Informazioni su questo libro

«E com'è che il lontano passato è disseminato di personaggi mentre il presente è così addomesticato e piatto?» È un freddo giorno di gennaio quando J. Mendelssohn si sveglia nel suo appartamento dell'Upper East Side di Manhattan. Vecchio, fragile, affidato alle cure della badante caraibica, mentre aspetta che il riscaldamento entri in funzione, tra i clic e i clac delle condutture, la sua mente divaga: torna all'infanzia trascorsa in Lituania e a Dublino, al lavoro di giudice della Corte Suprema, all'amata moglie Eileen. Qualche ora dopo, Mendelssohn esce di casa per un fatale pranzo con il figlio - intanto, la neve scende copiosa sulle strade, a immobilizzare e innervosire la città. Racconto che gioca con ricordi, allusioni, omissioni e indizi disseminati, Tredici modi di guardare è un flusso di coscienza magmatico cui fa da contrappunto il pragmatismo necessario per risolvere un delitto. In Che ore sono adesso, lì da te?, vero e proprio viaggio dentro la mente dello scrittore, una soldatessa di stanza in Afghanistan fa una telefonata a casa la notte di Capodanno. Seguiamo poi la madre sola di Sh'khol, costretta ad affrontare l'indicibile quando suo figlio scompare in mare dopo una nuotata vicino a casa.
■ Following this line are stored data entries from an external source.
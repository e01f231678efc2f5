-- ===== src/Listeners/Converge.antt =====
-- A refresh brings the flags of the fetched configuration into force.
use asserts_otel_processor.Base.{
  ℕ, ◌≡◌, refl, sym, subst, ap, false, Bool, String, List, [], ◌∷◌, ◌++◌, none, some, All, inr,
}
use asserts_otel_processor.Base.Int.{ℤ}
use asserts_otel_processor.Base.Maps.{StringMap}
use asserts_otel_processor.Cache.{TtlCache}
use asserts_otel_processor.Platform.{Platform}
use asserts_otel_processor.Config.{Config}
use asserts_otel_processor.SpanEnrichment
use asserts_otel_processor.Thresholds
use asserts_otel_processor.MetricHelper
use asserts_otel_processor.MetricHelper.{register_metrics, updated_config, on_update}
use asserts_otel_processor.MetricHelper.Prometheus.{Registry}
use asserts_otel_processor.ConfigRefresh.{notify, fetch_and_update_config}
use asserts_otel_processor.ConfigRefresh.Loop.{notify-establishes, update_config-after}
use asserts_otel_processor.Listeners.{
  current, adopt, update_enricher, update_thresholds, update_metrics, update_field, listener,
  processor_is_updated, processor_on_update, sampler_is_updated, sampler_on_update, later_listeners,
  listeners, refresh,
}
use asserts_otel_processor.Listeners.Flags.{
  RunningOf, Listener, IsFlag, InSync, InForce, Keeps, enricher-Keeps, update_thresholds-InSync,
  update_metrics-InSync, update_field-InSync, unseen-InForce, adopt-InForce,
}

module _ (rt : Platform) (labels : TtlCache (StringMap String)) (registry : Registry)
    (states : TtlCache ℕ) (clock : ℕ → ℤ) where
  abbrev capture_metrics : Config → Bool
  capture_metrics config = config.capture_metrics

  abbrev ignore_client_errors : Config → Bool
  ignore_client_errors config = config.ignore_client_errors

  capture_metrics-IsFlag : IsFlag rt labels registry states clock capture_metrics
  unfolding Thresholds.on_update updated_config
  capture_metrics-IsFlag = record {
    threshold_kept = λ th new. refl;
    metrics_kept = λ old new. refl;
  }

  ignore_client_errors-IsFlag : IsFlag rt labels registry states clock ignore_client_errors
  unfolding Thresholds.on_update updated_config
  ignore_client_errors-IsFlag = record {
    threshold_kept = λ th new. refl;
    metrics_kept = λ old new. refl;
  }

  -- The listeners by name.
  abbrev fore : Bool → List (Listener rt labels registry states clock)
  fore stopped =
      listener rt labels registry states clock SpanEnrichment.is_updated
        (update_enricher rt labels registry states clock)
      ∷ listener rt labels registry states clock Thresholds.is_updated
          (update_thresholds rt labels registry states clock)
      ∷ listener rt labels registry states clock MetricHelper.is_updated
          (update_metrics rt labels registry states clock stopped)
      ∷ []

  abbrev processor_listener : Listener rt labels registry states clock
  processor_listener =
      listener rt labels registry states clock processor_is_updated
        (update_field rt labels registry states clock processor_on_update)

  abbrev sampler_listener : Listener rt labels registry states clock
  sampler_listener =
      listener rt labels registry states clock sampler_is_updated
        (update_field rt labels registry states clock sampler_on_update)

  fore-Keeps :
      (flag : Config → Bool) (kept : IsFlag rt labels registry states clock flag) (stopped : Bool)
      (latest : Config)
      → All (Keeps rt labels registry states clock flag kept latest) (fore stopped)
  fore-Keeps flag kept stopped latest = (
    (λ t k. enricher-Keeps rt labels registry states clock flag kept latest t k),
    (
      (λ t k. update_thresholds-InSync rt labels registry states clock flag kept latest t k),
      (
        (λ t k. update_metrics-InSync rt labels registry states clock flag kept stopped latest t k),
        tt,
      ),
    ),
  )

  -- The refresh brings a flag into force that one of the listeners copies.
  refresh-flag :
      (flag : Config → Bool) (kept : IsFlag rt labels registry states clock flag) (stopped : Bool)
      (latest : Config) (l : Listener rt labels registry states clock)
      (front back : List (Listener rt labels registry states clock))
      → listeners rt labels registry states clock stopped ≡ front ++ l ∷ back
      → All (Keeps rt labels registry states clock flag kept latest) front
      → ((s : RunningOf rt labels registry states clock)
          → InSync rt labels registry states clock flag s
          → InForce rt labels registry states clock flag (flag latest) (l.on_update s latest).0)
      → ((s : RunningOf rt labels registry states clock)
          → InSync rt labels registry states clock flag s
          → l.is_updated s (current rt labels registry states clock s) latest ≡ false
          → InForce rt labels registry states clock flag (flag latest) s)
      → All
          (λ (k : Listener rt labels registry states clock).
            (s : RunningOf rt labels registry states clock)
            → InForce rt labels registry states clock flag (flag latest) s
            → InForce rt labels registry states clock flag (flag latest) (k.on_update s latest).0)
          back
      → (s : RunningOf rt labels registry states clock)
      → InSync rt labels registry states clock flag s
      → InForce rt labels registry states clock flag
          (flag latest)
          (refresh rt labels registry states clock stopped (some latest) s)
  unfolding refresh fetch_and_update_config
  refresh-flag flag kept stopped latest l front back order keeps seen unseen later s h =
      let before = current rt labels registry states clock in
      let adopted = adopt rt labels registry states clock in
      update_config-after before adopted
        (InForce rt labels registry states clock flag (flag latest)) latest
        (listeners rt labels registry states clock stopped) s
        (λ t. adopt-InForce rt labels registry states clock flag kept (flag latest) latest t)
        (subst
          (λ ls.
            InForce rt labels registry states clock flag (flag latest)
              (notify before adopted ls latest s none).0)
          (sym order)
          (notify-establishes before adopted (InSync rt labels registry states clock flag)
            (InForce rt labels registry states clock flag (flag latest)) latest l front back keeps
            (λ t k e. seen t k) unseen later s none h))

  -- If the components have one configuration, and its flags capture_metrics and ignore_client_errors
  -- are those of the configuration that was accepted last, then after a refresh with any other
  -- configuration, whichever updates fail, either the process has ended, or metrics are captured and
  -- client errors are ignored as that configuration says.
  pub refresh-InForce :
      (stopped : Bool) (latest : Config) (s : RunningOf rt labels registry states clock)
      → InSync rt labels registry states clock capture_metrics s
      → InSync rt labels registry states clock ignore_client_errors s
      → InForce rt labels registry states clock capture_metrics latest.capture_metrics
          (refresh rt labels registry states clock stopped (some latest) s)
        × InForce rt labels registry states clock ignore_client_errors latest.ignore_client_errors
            (refresh rt labels registry states clock stopped (some latest) s)
  unfolding listeners later_listeners processor_is_updated processor_on_update sampler_is_updated
      sampler_on_update
  refresh-InForce stopped latest s capture ignore = (
    refresh-flag capture_metrics capture_metrics-IsFlag stopped latest processor_listener
        (fore stopped) (sampler_listener ∷ []) refl
        (fore-Keeps capture_metrics capture_metrics-IsFlag stopped latest)
        (λ t k. (ap (processor_on_update latest) k.0, inr refl))
        (λ t k e.
          unseen-InForce rt labels registry states clock capture_metrics capture_metrics-IsFlag
            latest t k e)
        ((λ t k. (ap (sampler_on_update latest) k.0, k.1)), tt) s capture,
    refresh-flag ignore_client_errors ignore_client_errors-IsFlag stopped latest sampler_listener
        (fore stopped ++ processor_listener ∷ []) [] refl
        (
          (λ t k.
              enricher-Keeps rt labels registry states clock ignore_client_errors
                ignore_client_errors-IsFlag latest t k),
          (
            (λ t k.
                update_thresholds-InSync rt labels registry states clock ignore_client_errors
                  ignore_client_errors-IsFlag latest t k),
            (
              (λ t k.
                  update_metrics-InSync rt labels registry states clock ignore_client_errors
                    ignore_client_errors-IsFlag stopped latest t k),
              (
                (λ t k.
                    update_field-InSync rt labels registry states clock ignore_client_errors
                      ignore_client_errors-IsFlag processor_on_update latest t (λ c. refl) k),
                tt,
              ),
            ),
          ),
        )
        (λ t k. (ap (sampler_on_update latest) k.0, inr refl))
        (λ t k e.
          unseen-InForce rt labels registry states clock ignore_client_errors
            ignore_client_errors-IsFlag latest t k e)
        tt s ignore,
  )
Infine, in Trattato, il testo che chiude la raccolta, un'anziana suora sudamericana scopre per caso, una sera davanti alla tv, che l'uomo che decenni prima l'ha torturata è ancora vivo e fa il politico. Ecco un libro tanto sottile quanto denso e sorprendente che contiene, distillato, tutto il limpido talento di McCann, qui più che mai abile nell'immaginare immensità anche negli angoli più angusti delle nostre vite.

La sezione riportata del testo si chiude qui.